The Pros and Cons of HOA
By Kayla LaFroth
When I was a kid, my dad purchased a playground set from a yard sale. And sure, the thing was oversized and the wood was slightly rotting, but I loved that playground and I never quite forgave the Homeowners Association (HOA) for making us take it down. Now it’s been quite a few years since I plastered my anti-HOA campaign posters around the house, but sometimes the memories of the plants we had to rip out or the fences we were told to move still haunt me. However, with adulthood comes a somewhat broadened perspective, and I recognize that there are some benefits to living in an HOA neighborhood.
So if you’re deciding whether to move into a neighborhood run by that mysterious Homeowners Association, here are some pros and cons to consider. I’ll do my best to adhere to journalistic integrity here and push my past prejudice to the side.
Pro: The neighborhood will look nicer
The HOA regulations you and everyone else will have to follow will help the neighborhood look its best. Having grown up under HOA’s dictatorship, I didn’t realize how nice my neighborhood looked until I moved out. Residents of HOA territory have to keep their lawns nice and trimmed and their houses a more reasonable shade. At my parent’s neighborhood, I’m not going to find boats in people’s yard, trash piled up high, or magenta-colored homes.
Con: Land of the less free
With rules and uniformity also comes a lessening of freedom with your house. Was our giant yard-sale playground a bit of an eye-sore? I’ll concede a solid maybe, which is why the HOA made us take it down, but the fun we had on the monkey bars was more important to me at the time, and maybe it’s more important to you too. Without an HOA, you’re free to do pretty much whatever you want with your house and property. You want that fresh magenta coat of paint? It’s all yours.
Pro: An HOA provides some nice amenities
Sure, it took them longer than they said to install the neighborhood pool, but we did have a neighborhood pool. Since moving out, I’ve had no regular access to a pool and my sickly pale skin shows it. And for all my complaints about the Playground Incident, the neighborhood provided several nice playgrounds sans rotting wood. Different HOA amenities can include a pool, a fitness center, a neighborhood club house, parks, playgrounds, or security gates.
Con: It might not be for the poor in heart. Emphasis on the “poor” part.

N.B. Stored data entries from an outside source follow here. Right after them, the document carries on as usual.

-- ===== src/Switchyard/Daemon/Served.antt =====
-- internal/http/handlers/tasks.go as the daemon's gateway.
use nexus_ai_gateway.Prelude.{ℕ, String, Option, some, List, map}
use nexus_ai_gateway.Domain.Errors.{nil, plain, ok, err}
use nexus_ai_gateway.Domain.Tasks.{RemoteTask}
use nexus_ai_gateway.Storage.Tasks.{Table}
use nexus_ai_gateway.Http.Tasks.{
  TaskReply, task_found, tasks_listed, task_closed, refused, pending, claim_task, close_task,
}
use nexus_ai_gateway.Switchyard.Daemon.{RemoteTaskResponse, Answer, received, Gateway}

-- The fields of a task that its JSON gives to the daemon.
unfoldable pub sent_task : RemoteTask → RemoteTaskResponse
sent_task t = record {
  id = t.id;
  project_id = t.project_id;
  prompt = t.prompt;
  preset = t.preset;
  policy = t.policy;
  budget = t.budget;
  status = t.status;
}

-- The status of a reply, and the tasks of a list; a panic is answered with 500.
unfoldable pub listed_answer : Option TaskReply → Answer (List RemoteTaskResponse)
listed_answer (some (tasks_listed rows)) = received 200 (ok (map sent_task rows))
listed_answer (some (refused r)) = received r.status (err (plain "no tasks"))
listed_answer _ = received 500 (err (plain "no tasks"))

unfoldable pub status_answer : Option TaskReply → Answer Unit
status_answer (some (task_found t)) = received 200 (ok tt)
status_answer (some (task_closed s)) = received 200 (ok tt)
status_answer (some (refused r)) = received r.status (ok tt)
status_answer _ = received 500 (ok tt)

-- The handlers over a table, with the times of the claim and of the completion. No statement fails.
abbrev pub served : String → ℕ → ℕ → Gateway
served request_id claimed_at closed_at = record {
  State = Table;
  pending = λ project_id rows. listed_answer (pending nil request_id project_id rows);
  claim = λ id worker_id rows.
      let (reply, rows') = claim_task nil request_id claimed_at id worker_id rows in
      (status_answer reply, rows');
  complete = λ id summary diff failed rows.
      let (reply, rows') =
        close_task nil request_id closed_at id
          (ok (record { summary = summary; diff = diff; failed = failed })) rows in
      (status_answer reply, rows');
}
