-- ===== src/Switchyard/Daemon/Relay.antt =====
-- The daemon against the gateway's own handlers of /tasks: internal/http/handlers/tasks.go.
use nexus_ai_gateway.Prelude.{
  ℕ, String, ◌≡◌, ◌≢◌, refl, sym, ap, subst, Bool, true, false, some, List, [], ◌∷◌, ◌==◌, eq_refl,
  eq_false, arith, if◌then◌else◌, map, Bool-cases, inl, inr,
}
use nexus_ai_gateway.Domain.Errors.{nil, ok}
use nexus_ai_gateway.Domain.Tasks.{RemoteTask, task_completed, task_failed}
use nexus_ai_gateway.Storage.Tasks.{
  Table, find_task, scan_row, is_claimable, set_claimed, set_completed, update_where, updated_row,
  claim, complete_task, list_pending,
}
use nexus_ai_gateway.Http.Tasks.{
  task_found, task_closed, pending, listed_reply, row_reply, closed_reply, claim_task, close_task,
}
use nexus_ai_gateway.Switchyard.Edits.{Files}
use nexus_ai_gateway.Switchyard.Daemon.{
  read_pending, read_status, Worker, Outcome, execute_remote_task_locally, policy_or_approve,
  run_task, after_claim, poll_pending, poll_and_execute_single_task,
}
use nexus_ai_gateway.Switchyard.Daemon.Served.{sent_task, listed_answer, status_answer, served}
use nexus_ai_gateway.Switchyard.Safety.{parse_policy}

some-inj : {a b : RemoteTask} → some a ≡ some b → a ≡ b
some-inj h = cc

claimable :
    (id : String) (u : RemoteTask)
    → (u.id == id) ≡ true
    → (u.status == "pending") ≡ true
    → is_claimable id u ≡ true
unfolding is_claimable
claimable id u e p = ground arith

other-unclaimable :
    (id : String) (u : RemoteTask) → (u.id == id) ≡ false → is_claimable id u ≡ false
unfolding is_claimable
other-unclaimable id u e = ground arith

claimed_row :
    (f : RemoteTask → RemoteTask) (id : String) (t : RemoteTask) (rows : Table)
    → find_task id rows ≡ some t
    → (t.status == "pending") ≡ true
    → updated_row (is_claimable id) f rows ≡ some (f t)
unfolding find_task updated_row
claimed_row f id t [] h p = cc h
claimed_row f id t (u ∷ rows) h p = elim (Bool-cases (u.id == id)) [
  | inl e ↦
      let h' : some u ≡ some t = rw e at h in
      let p' = subst (λ x. (x.status == "pending") ≡ true) (sym (some-inj h')) p in
      rw (claimable id u e p') (ap (λ x. some (f x)) (some-inj h'))
  | inr e ↦
      let h' : find_task id rows ≡ some t = rw e at h in
      rw (other-unclaimable id u e) (claimed_row f id t rows h' p)
]

kept_id :
    (p : RemoteTask → Bool) (f : RemoteTask → RemoteTask) (u : RemoteTask)
    → (f u).id ≡ u.id
    → (if p u then f u else u).id ≡ u.id
kept_id p f u k = elim (Bool-cases (p u)) [ inl e ↦ rw e k | inr e ↦ rw e refl ]

found_row :
    (p : RemoteTask → Bool) (f : RemoteTask → RemoteTask) (id : String) (t : RemoteTask)
    (rows : Table)
    → ((u : RemoteTask) → (f u).id ≡ u.id)
    → find_task id rows ≡ some t
    → p t ≡ true
    → find_task id (update_where p f rows) ≡ some (f t)
unfolding find_task update_where
found_row p f id t [] k h q = cc h
found_row p f id t (u ∷ rows) k h q = rw (kept_id p f u (k u)) (elim (Bool-cases (u.id == id)) [
  | inl e ↦
      let h' : some u ≡ some t = rw e at h in
      let q' = subst (λ x. p x ≡ true) (sym (some-inj h')) q in
      rw (e, q') (ap (λ x. some (f x)) (some-inj h'))
  | inr e ↦ let h' : find_task id rows ≡ some t = rw e at h in rw e (found_row p f id t rows k h' q)
])

-- The task as the daemon leaves it.
abbrev pub closed_task : ℕ → ℕ → String → Outcome → RemoteTask → RemoteTask
closed_task claimed_at closed_at worker_id outcome t =
    set_completed closed_at outcome.summary outcome.diff
      (if outcome.failed then task_failed else task_completed) (set_claimed claimed_at worker_id t)

module _ (w : Worker) (request_id project_id worker_id : String) (claimed_at closed_at : ℕ) where
  -- What carrying out a task gives.
  abbrev pub work : RemoteTask → List String → Files → Outcome × Files
  work t answers files =
      execute_remote_task_locally w t.preset (policy_or_approve (parse_policy t.policy)) t.budget
        t.prompt files answers

  pending_step :
      (rows given : Table)
      → project_id ≢ ""
      → list_pending nil project_id rows ≡ ok given
      → read_pending (listed_answer (pending nil request_id project_id rows))
        ≡ ok (map sent_task given)
  unfolding read_pending listed_answer pending listed_reply
  pending_step rows given p listed = rw (pending, eq_false project_id "" p, listed) refl

  abbrev claimed_rows : RemoteTask → Table → Table
  claimed_rows t rows = update_where (is_claimable t.id) (set_claimed claimed_at worker_id) rows

  claim_step :
      (t : RemoteTask) (rows : Table)
      → worker_id ≢ ""
      → find_task t.id rows ≡ some t
      → (t.status == "pending") ≡ true
      → claim_task nil request_id claimed_at t.id worker_id rows
        ≡ (some (task_found (set_claimed claimed_at worker_id t)), claimed_rows t rows)
  unfolding claim_task claim row_reply scan_row
  claim_step t rows q found waits =
      rw
        (
          claim_task,
          eq_false worker_id "" q,
          claimed_row (set_claimed claimed_at worker_id) t.id t rows found waits,
        )
        refl

  claimed_found :
      (t : RemoteTask) (rows : Table)
      → find_task t.id rows ≡ some t
      → (t.status == "pending") ≡ true
      → find_task t.id (claimed_rows t rows) ≡ some (set_claimed claimed_at worker_id t)
  unfolding set_claimed
  claimed_found t rows found waits =
      found_row (is_claimable t.id) (set_claimed claimed_at worker_id) t.id t rows (λ u. refl) found
        (claimable t.id t (eq_refl t.id) waits)

  abbrev closed_rows : RemoteTask → Outcome → Table → Table
  closed_rows t o rows =
      update_where (λ u. u.id == t.id)
        (set_completed closed_at o.summary o.diff
          (if o.failed then task_failed else task_completed))
        rows

  completed :
      (t c : RemoteTask) (summary diff closed : String) (rows : Table)
      → find_task t.id rows ≡ some c
      → complete_task nil closed_at t.id summary diff closed rows
        ≡ (nil, update_where (λ u. u.id == t.id) (set_completed closed_at summary diff closed) rows)
  unfolding complete_task
  completed t c summary diff closed rows found = rw found refl

  close_step :
      (t c : RemoteTask) (o : Outcome) (rows : Table)
      → find_task t.id rows ≡ some c
      → close_task nil request_id closed_at t.id
          (ok (record { summary = o.summary; diff = o.diff; failed = o.failed }))
          rows
        ≡ (
          some (task_closed (if o.failed then task_failed else task_completed)),
          closed_rows t o rows,
        )
  unfolding close_task closed_reply
  close_step t c o rows found =
      rw
        (
          close_task,
          completed t c o.summary o.diff (if o.failed then task_failed else task_completed) rows
              found,
        )
        refl

  closed_found :
      (t c : RemoteTask) (o : Outcome) (rows : Table)
      → c.id ≡ t.id
      → find_task t.id rows ≡ some c
      → find_task t.id (closed_rows t o rows)
        ≡ some (
            set_completed closed_at o.summary o.diff
              (if o.failed then task_failed else task_completed)
              c)
  unfolding set_completed
  closed_found t c o rows e found =
      found_row (λ u. u.id == t.id)
        (set_completed closed_at o.summary o.diff
          (if o.failed then task_failed else task_completed))
        t.id c rows (λ u. refl) found (rw e (eq_refl t.id))

  -- Where no statement fails, the worker has a name, and the first task that the gateway lists for the
  -- project stands under its ID and is pending: one round of the daemon carries this task out once,
  -- and leaves it in the gateway's table under its ID, closed with the outcome in the worker's name.
  pub poll-closed_task :
      (t : RemoteTask) (rest rows : Table) (answers : List String) (files : Files)
      → project_id ≢ ""
      → worker_id ≢ ""
      → list_pending nil project_id rows ≡ ok (t ∷ rest)
      → find_task t.id rows ≡ some t
      → (t.status == "pending") ≡ true
      → let polled =
          poll_and_execute_single_task
            (served request_id claimed_at closed_at)
            w
            project_id
            worker_id
            answers
            files
            rows in
        (polled.executed ≡ true)
        × (polled.error ≡ nil)
        × (polled.files ≡ (work t answers files).1)
        × (find_task t.id polled.gateway
            ≡ some (closed_task claimed_at closed_at worker_id (work t answers files).0 t))
  unfolding poll_and_execute_single_task poll_pending after_claim run_task read_status status_answer
      sent_task set_claimed
  poll-closed_task t rest rows answers files p q listed found waits =
      let o = (work t answers files).0 in
      let c = claimed_found t rows found waits in
      rw
        (
          poll_and_execute_single_task,
          pending_step rows (t ∷ rest) p listed,
          claim_step t rows q found waits,
          close_step t (set_claimed claimed_at worker_id t) o (claimed_rows t rows) c,
        )
        (
          refl,
          refl,
          refl,
          closed_found t (set_claimed claimed_at worker_id t) o (claimed_rows t rows) refl c,
        )
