-- ===== src/Switchyard/WebLogin.antt =====
-- cmd/switchyard/login_web.go: the login through a browser. The page, the printed lines and the URL
-- that is opened are left out. The handlers run beside the flow that waits: a save is one event, in
-- any order with the others and also behind the end of the flow; two saves that overlap are left out.
pub mod Laws
use nexus_ai_gateway.Prelude.{
  ℕ, zero, suc, ◌+◌, String, Bool, not, ◌||◌, Option, none, some, List, [], ◌∷◌, ◌==◌,
  if◌then◌else◌, trim_space, trim_end,
}
use nexus_ai_gateway.Domain.Errors.{Err, plain, wrapped, Result, ok, err}
use nexus_ai_gateway.Switchyard.Calls.{Credentials}

-- `callbackPayload`, and the query parameters of the same names.
pub record CallbackPayload : Type 0 where
  pub key : String
  pub project : String
  pub state : String

-- `none` for the body is one that does not decode.
pub record CallbackRequest : Type 0 where
  pub method : String
  pub body : Option CallbackPayload
  pub query : CallbackPayload

pub data CallbackReply : Type 0 where
  preflight invalid_state missing_key save_failed authorized : CallbackReply

unfoldable pub trimmed : CallbackPayload → CallbackPayload
trimmed p = record {
  key = trim_space p.key;
  project = trim_space p.project;
  state = trim_space p.state;
}

unfoldable pub posted : CallbackRequest → Option CallbackPayload
posted r = if r.method == "POST" then r.body else none

unfoldable pub or_query : CallbackPayload → Option CallbackPayload → CallbackPayload
or_query query none = trimmed query
or_query query (some p) = if trim_space p.key == "" then trimmed query else trimmed p

-- What the request presents: its body, or else its query.
unfoldable pub presented : CallbackRequest → CallbackPayload
presented r = or_query r.query (posted r)

unfoldable pub credentials_of : String → CallbackPayload → Credentials
credentials_of gateway_url p = record {
  api_key = p.key;
  project_id = p.project;
  base_url = gateway_url;
  provider_keys = [];
}

-- What comes of `saveCredentials`: `os.WriteFile` empties the file before it writes, so an error comes
-- before the file is touched, or leaves something in it that the next reading finds.
pub data Saving : Type 0 where
  saved : Saving
  not_opened : Err → Saving
  torn : Err → Option Credentials → Saving

-- The reply, what the handler sends on the channel, and the credentials that are stored afterwards.
pub record Handled : Type 0 where
  pub reply : CallbackReply
  pub result : Option (Result Credentials)
  pub stored : Option Credentials

unfoldable pub save_error : Err → Option Credentials → Handled
save_error e stored = record {
  reply = save_failed;
  result = some (err (wrapped "failed to save credentials" e));
  stored = stored;
}

unfoldable pub after_save : Option Credentials → Credentials → Saving → Handled
after_save stored creds saved = record {
  reply = authorized;
  result = some (ok creds);
  stored = some creds;
}
after_save stored creds (not_opened e) = save_error e stored
after_save stored creds (torn e left) = save_error e left

-- The handler of /callback, given what comes of saving.
unfoldable pub callback : String → String → Saving → Option Credentials → CallbackRequest → Handled
callback nonce gateway_url saving stored r =
    let p = presented r in
    if r.method == "OPTIONS"
    then record { reply = preflight; result = none; stored = stored }
    else if p.state == "" || not (p.state == nonce)
    then record { reply = invalid_state; result = none; stored = stored }
    else if p.key == ""
    then record { reply = missing_key; result = none; stored = stored }
    else after_save stored (credentials_of gateway_url p) saving

-- A handler runs up to its sending; the flow takes one of the results that were sent; the five minutes
-- pass; a signal comes.
pub data Event : Type 0 where
  called : Saving → CallbackRequest → Event
  delivered : ℕ → Event
  timed_out interrupted : Event

-- The stored credentials, the results that handlers send, and that of the flow, `none` while it waits.
pub record Login : Type 0 where
  pub stored : Option Credentials
  pub sent : List (Result Credentials)
  pub result : Option (Result Credentials)

-- The flow returns once.
unfoldable pub finish : Option (Result Credentials) → Login → Login
finish found login = elim login.result [ some _ ↦ login | none ↦ record login { result = found } ]

unfoldable pub nth_sent : List (Result Credentials) → ℕ → Option (Result Credentials)
nth_sent [] n = none
nth_sent (r ∷ rs) zero = some r
nth_sent (r ∷ rs) (suc n) = nth_sent rs n

unfoldable pub with_sent :
    Option (Result Credentials) → List (Result Credentials) → List (Result Credentials)
with_sent none sent = sent
with_sent (some r) sent = r ∷ sent

-- One event. A handler that runs on after the flow has returned still saves.
unfoldable pub react : String → String → Event → Login → Login
react nonce url (called saving r) login =
    let h = callback nonce url saving login.stored r in
    record login { stored = h.stored; sent = with_sent h.result login.sent }
react nonce url (delivered n) login = finish (nth_sent login.sent n) login
react nonce url timed_out login =
    finish (some (err (plain "authentication timed out after 5 minutes"))) login
react nonce url interrupted login =
    finish (some (err (plain "authentication cancelled by user"))) login

unfoldable pub await : String → String → Login → List Event → Login
await nonce url login [] = login
await nonce url login (e ∷ events) = await nonce url (react nonce url e login) events

-- The flow at its start, or as it fails before it waits.
unfoldable pub login_with : Option (Result Credentials) → Option Credentials → Login
login_with result stored = record { stored = stored; sent = []; result = result }

-- The first port that can be bound, from a port on, in so many attempts.
unfoldable pub bind_port : (ℕ → Bool) → ℕ → ℕ → Option ℕ
bind_port is_free zero port = none
bind_port is_free (suc n) port =
    let later = bind_port is_free n (port + 1) in if is_free port then some port else later

unfoldable pub with_nonce : Option String → String → Option Credentials → List Event → Login
with_nonce none url stored events =
    login_with (some (err (plain "failed to generate secure state nonce"))) stored
with_nonce (some nonce) url stored events = await nonce url (login_with none stored) events

unfoldable pub base_url_of : String → String
base_url_of url = trim_end b'/' (if url == "" then "http://localhost:8080" else url)

-- `StartWebAuthFlow`, given the ports that can be bound and the random nonce.
unfoldable pub start_web_auth_flow :
    (ℕ → Bool) → Option String → String → Option Credentials → List Event → Login
start_web_auth_flow is_free nonce url stored events = elim (bind_port is_free 11 45454) [
  | none ↦ login_with (some (err (plain "could not bind loopback port for authentication"))) stored
  | some port ↦ with_nonce nonce (base_url_of url) stored events
]
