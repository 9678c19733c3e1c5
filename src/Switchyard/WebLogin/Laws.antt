-- ===== src/Switchyard/WebLogin/Laws.antt =====
-- Whose key a login stores.
use nexus_ai_gateway.Prelude.{
  ℕ, zero, suc, String, ◌≡◌, ◌≢◌, refl, sym, ap, ◌∙◌, subst, ◌⊎◌, inl, inr, Bool, not, ◌||◌, Option,
  none, some, List, [], ◌∷◌, In, here, there, In-cons, ◌==◌, eq_iff, arith, Bool-cases,
  Option-cases,
}
use mathlib.Core.Bool.{true≢false}
use nexus_ai_gateway.Domain.Errors.{Err, Result, ok}
use nexus_ai_gateway.Switchyard.Calls.{Credentials}
use nexus_ai_gateway.Switchyard.WebLogin.{
  CallbackRequest, presented, credentials_of, Saving, saved, not_opened, torn, Handled, save_error,
  after_save, callback, Event, called, delivered, timed_out, interrupted, Login, finish, nth_sent,
  with_sent, react, await, login_with, bind_port, with_nonce, base_url_of, start_web_auth_flow,
}

-- A request that presents the nonce and a key.
abbrev pub Presents : String → CallbackRequest → Type 0
Presents nonce r = ((presented r).state ≡ nonce) × ((presented r).key ≢ "")

-- Credentials that are made of such a request, whose handler saved them.
pub record IsBearer (nonce url : String) (events : List Event) (creds : Credentials) : Type 0 where
  pub request : CallbackRequest
  pub sent : In (called saved request) events
  pub presents : Presents nonce request
  pub made : creds ≡ credentials_of url (presented request)

-- What is stored: the credentials of such a request, or what a failed save of them left.
pub record IsLeft (nonce url : String) (events : List Event) (after : Option Credentials)
    : Type 0 where
  pub saving : Saving
  pub request : CallbackRequest
  pub sent : In (called saving request) events
  pub presents : Presents nonce request
  pub left :
      ((saving ≡ saved) × (after ≡ some (credentials_of url (presented request))))
      ⊎ ((e : Err) × (saving ≡ torn e after))

-- What is stored is the old, or such a request left it; what is returned is such a request's.
abbrev pub IsEarned : String → String → List Event → Option Credentials → Login → Type 0
IsEarned nonce url events before login =
    ((login.stored ≡ before) ⊎ IsLeft nonce url events login.stored)
    × ((creds : Credentials) → login.result ≡ some (ok creds) → IsBearer nonce url events creds)

module _ (nonce url : String) (events : List Event) (before : Option Credentials) where
  abbrev AllSent : List (Result Credentials) → Type 0
  AllSent rs = (creds : Credentials) → In (ok creds) rs → IsBearer nonce url events creds

  -- The invariant of the flow: it is earned, and so is every result that was sent.
  abbrev IsFair : Login → Type 0
  IsFair login = IsEarned nonce url events before login × AllSent login.sent

  -- What a handler stores and sends.
  abbrev IsFairly : Option Credentials → Handled → Type 0
  IsFairly stored h =
      ((h.stored ≡ stored) ⊎ IsLeft nonce url events h.stored)
      × ((creds : Credentials) → h.result ≡ some (ok creds) → IsBearer nonce url events creds)

  after_save-IsFairly :
      (saving : Saving) (stored : Option Credentials) (r : CallbackRequest)
      → In (called saving r) events
      → Presents nonce r
      → IsFairly stored (after_save stored (credentials_of url (presented r)) saving)
  unfolding after_save save_error
  after_save-IsFairly saved stored r m p = (
    inr (record { saving = saved; request = r; sent = m; presents = p; left = inl (refl, refl) }),
    λ creds h. record { request = r; sent = m; presents = p; made = cc },
  )
  after_save-IsFairly (not_opened e) stored r m p = (inl refl, λ creds h. cc h)
  after_save-IsFairly (torn e left) stored r m p = (
    inr (record {
      saving = torn e left;
      request = r;
      sent = m;
      presents = p;
      left = inr (e, refl);
    }),
    λ creds h. cc h,
  )

  callback-IsFairly :
      (saving : Saving) (stored : Option Credentials) (r : CallbackRequest)
      → In (called saving r) events
      → IsFairly stored (callback nonce url saving stored r)
  unfolding callback
  callback-IsFairly saving stored r m = elim (Bool-cases (r.method == "OPTIONS")) [
    | inl e ↦ rw (callback, e) (inl refl, λ creds h. cc h)
    | inr e ↦ elim (Bool-cases ((presented r).state == "" || not ((presented r).state == nonce))) [
      | inl f ↦ rw (callback, e, f) (inl refl, λ creds h. cc h)
      | inr f ↦ elim (Bool-cases ((presented r).key == "")) [
        | inl k ↦ rw (callback, e, f, k) (inl refl, λ creds h. cc h)
        | inr k ↦
            rw (callback, e, f, k)
              (after_save-IsFairly saving stored r m (
                ground (arith, eq_iff (presented r).state nonce),
                λ z. absurd (true≢false (sym ((eq_iff (presented r).key "").1 z) ∙ k)),
              ))
      ]
    ]
  ]

  with_sent-AllSent :
      (found : Option (Result Credentials)) (rs : List (Result Credentials))
      → ((creds : Credentials) → found ≡ some (ok creds) → IsBearer nonce url events creds)
      → AllSent rs
      → AllSent (with_sent found rs)
  unfolding with_sent
  with_sent-AllSent none rs h all creds m = all creds m
  with_sent-AllSent (some r) rs h all creds m = elim (In-cons m) [
    | inl e ↦ h creds (ap some (sym e))
    | inr n ↦ all creds n
  ]

  nth_sent-In :
      (rs : List (Result Credentials)) (n : ℕ) (r : Result Credentials)
      → nth_sent rs n ≡ some r
      → In r rs
  unfolding nth_sent
  nth_sent-In [] n r h = cc h
  nth_sent-In (x ∷ rs) zero r h = let same : x ≡ r = cc h in subst (λ y. In y (x ∷ rs)) same here
  nth_sent-In (x ∷ rs) (suc n) r h = there (nth_sent-In rs n r h)

  finish-IsFair :
      (found : Option (Result Credentials)) (login : Login)
      → ((creds : Credentials) → found ≡ some (ok creds) → IsBearer nonce url events creds)
      → IsFair login
      → IsFair (finish found login)
  unfolding finish
  finish-IsFair found login h fair = elim (Option-cases login.result) [
    | inl e ↦ rw (finish, e) ((fair.0.0, h), fair.1)
    | inr (r, e) ↦ rw (finish, e) fair
  ]

  react-IsFair :
      (e : Event) (login : Login) → In e events → IsFair login → IsFair (react nonce url e login)
  unfolding react
  react-IsFair (called saving r) login m ((kept, returned), all) =
      let (stored, sent) = callback-IsFairly saving login.stored r m in
      ((later stored, returned), with_sent-AllSent _ login.sent sent all)
    where
      later :
          {after : Option Credentials}
          → (after ≡ login.stored) ⊎ IsLeft nonce url events after
          → (after ≡ before) ⊎ IsLeft nonce url events after
      later (inl same) = elim kept [
        | inl k ↦ inl (same ∙ k)
        | inr k ↦ inr (subst (IsLeft nonce url events) (sym same) k)
      ]
      later (inr l) = inr l
  react-IsFair (delivered n) login m fair =
      finish-IsFair _ login (λ creds h. fair.1 creds (nth_sent-In login.sent n (ok creds) h)) fair
  react-IsFair timed_out login m fair = finish-IsFair _ login (λ creds h. cc h) fair
  react-IsFair interrupted login m fair = finish-IsFair _ login (λ creds h. cc h) fair

  await-IsFair :
      (rest : List Event) (login : Login)
      → ((e : Event) → In e rest → In e events)
      → IsFair login
      → IsFair (await nonce url login rest)
  unfolding await
  await-IsFair [] login sub fair = fair
  await-IsFair (e ∷ rest) login sub fair =
      await-IsFair rest (react nonce url e login) (λ x m. sub x (there m))
        (react-IsFair e login (sub e here) fair)

-- Whoever calls the local server, in whatever order the handlers save and send, the flow takes a
-- result, the time runs out or a signal comes, also behind the end of the flow, if no two saves overlap:
-- the flow returns credentials only if they are the key and the project of a request that presented the
-- generated nonce and a key, with the gateway's URL, and that request's handler saved them. What is
-- stored in the end is what was stored before, the credentials of such a request, or what a save of
-- such a request left that failed after the file was emptied.
pub start_web_auth_flow-IsEarned :
    (is_free : ℕ → Bool) (nonce url : String) (stored : Option Credentials) (events : List Event)
    → IsEarned nonce
        (base_url_of url)
        events
        stored
        (start_web_auth_flow is_free (some nonce) url stored events)
unfolding start_web_auth_flow with_nonce login_with
start_web_auth_flow-IsEarned is_free nonce url stored events =
    elim (Option-cases (bind_port is_free 11 45454)) [
      | inl n ↦ rw (start_web_auth_flow, n) (inl refl, λ creds h. cc h)
      | inr (p, e) ↦
          rw (start_web_auth_flow, e)
            (await-IsFair nonce (base_url_of url) events stored events (login_with none stored)
              (λ x m. m) ((inl refl, λ creds h. cc h), λ creds m. elim m [ ])).0
    ]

Put simply, living in an HOA neighborhood is going to require some dues that you might not want to fork over. Somebody’s got to pay for that pool. HOA dues can be hundreds of dollars per month, and you might prefer to just get an inflatable pool from Target.
Pro: You’ve got a mediator for your squabbles
My family was semi-anti-social and we weren’t ones for picking fights with the neighbors (or maybe we just had good neighbors), but if you have an issue with your neighbor’s tree that keeps shedding branches on your child’s vulnerable head, the HOA board can help settle disagreements.
Con: One crazy board member can be a real hassle
As a kid, I imagined an HOA as a room of pristine elites sitting in the shadows as they decided to victimize my home, specifically. Turns out, members of the HOA board are just neighbors elected to the position, but one rogue board member can cause problems. If someone starts implementing a bunch of annoying changes, it can be a surprisingly big hassle to remove them from their very important position of board member #7. You might want to attend HOA meetings to make sure a small group of people don’t start making silly decisions, but then again, who really wants to attend more meetings?
As I write this article, I’m sitting on my childhood bed looking out the window at my old HOA neighborhood (don’t worry, I’m on vacation. I’m not living in my parent’s basement just yet). The rain is drizzling, the trees stand tall and full, and the houses look neat and pretty. I do quite like this neighborhood, and I’ll admit that the HOA has something to do with that. Of course, that hasn’t come without its woes and hassles. By understand the pros and cons of having an HOA, hopefully you’ll be in a better position to choose which kind of neighborhood you want to live in. Good luck with your decision, and if you need me, I’ll be at the neighborhood playground.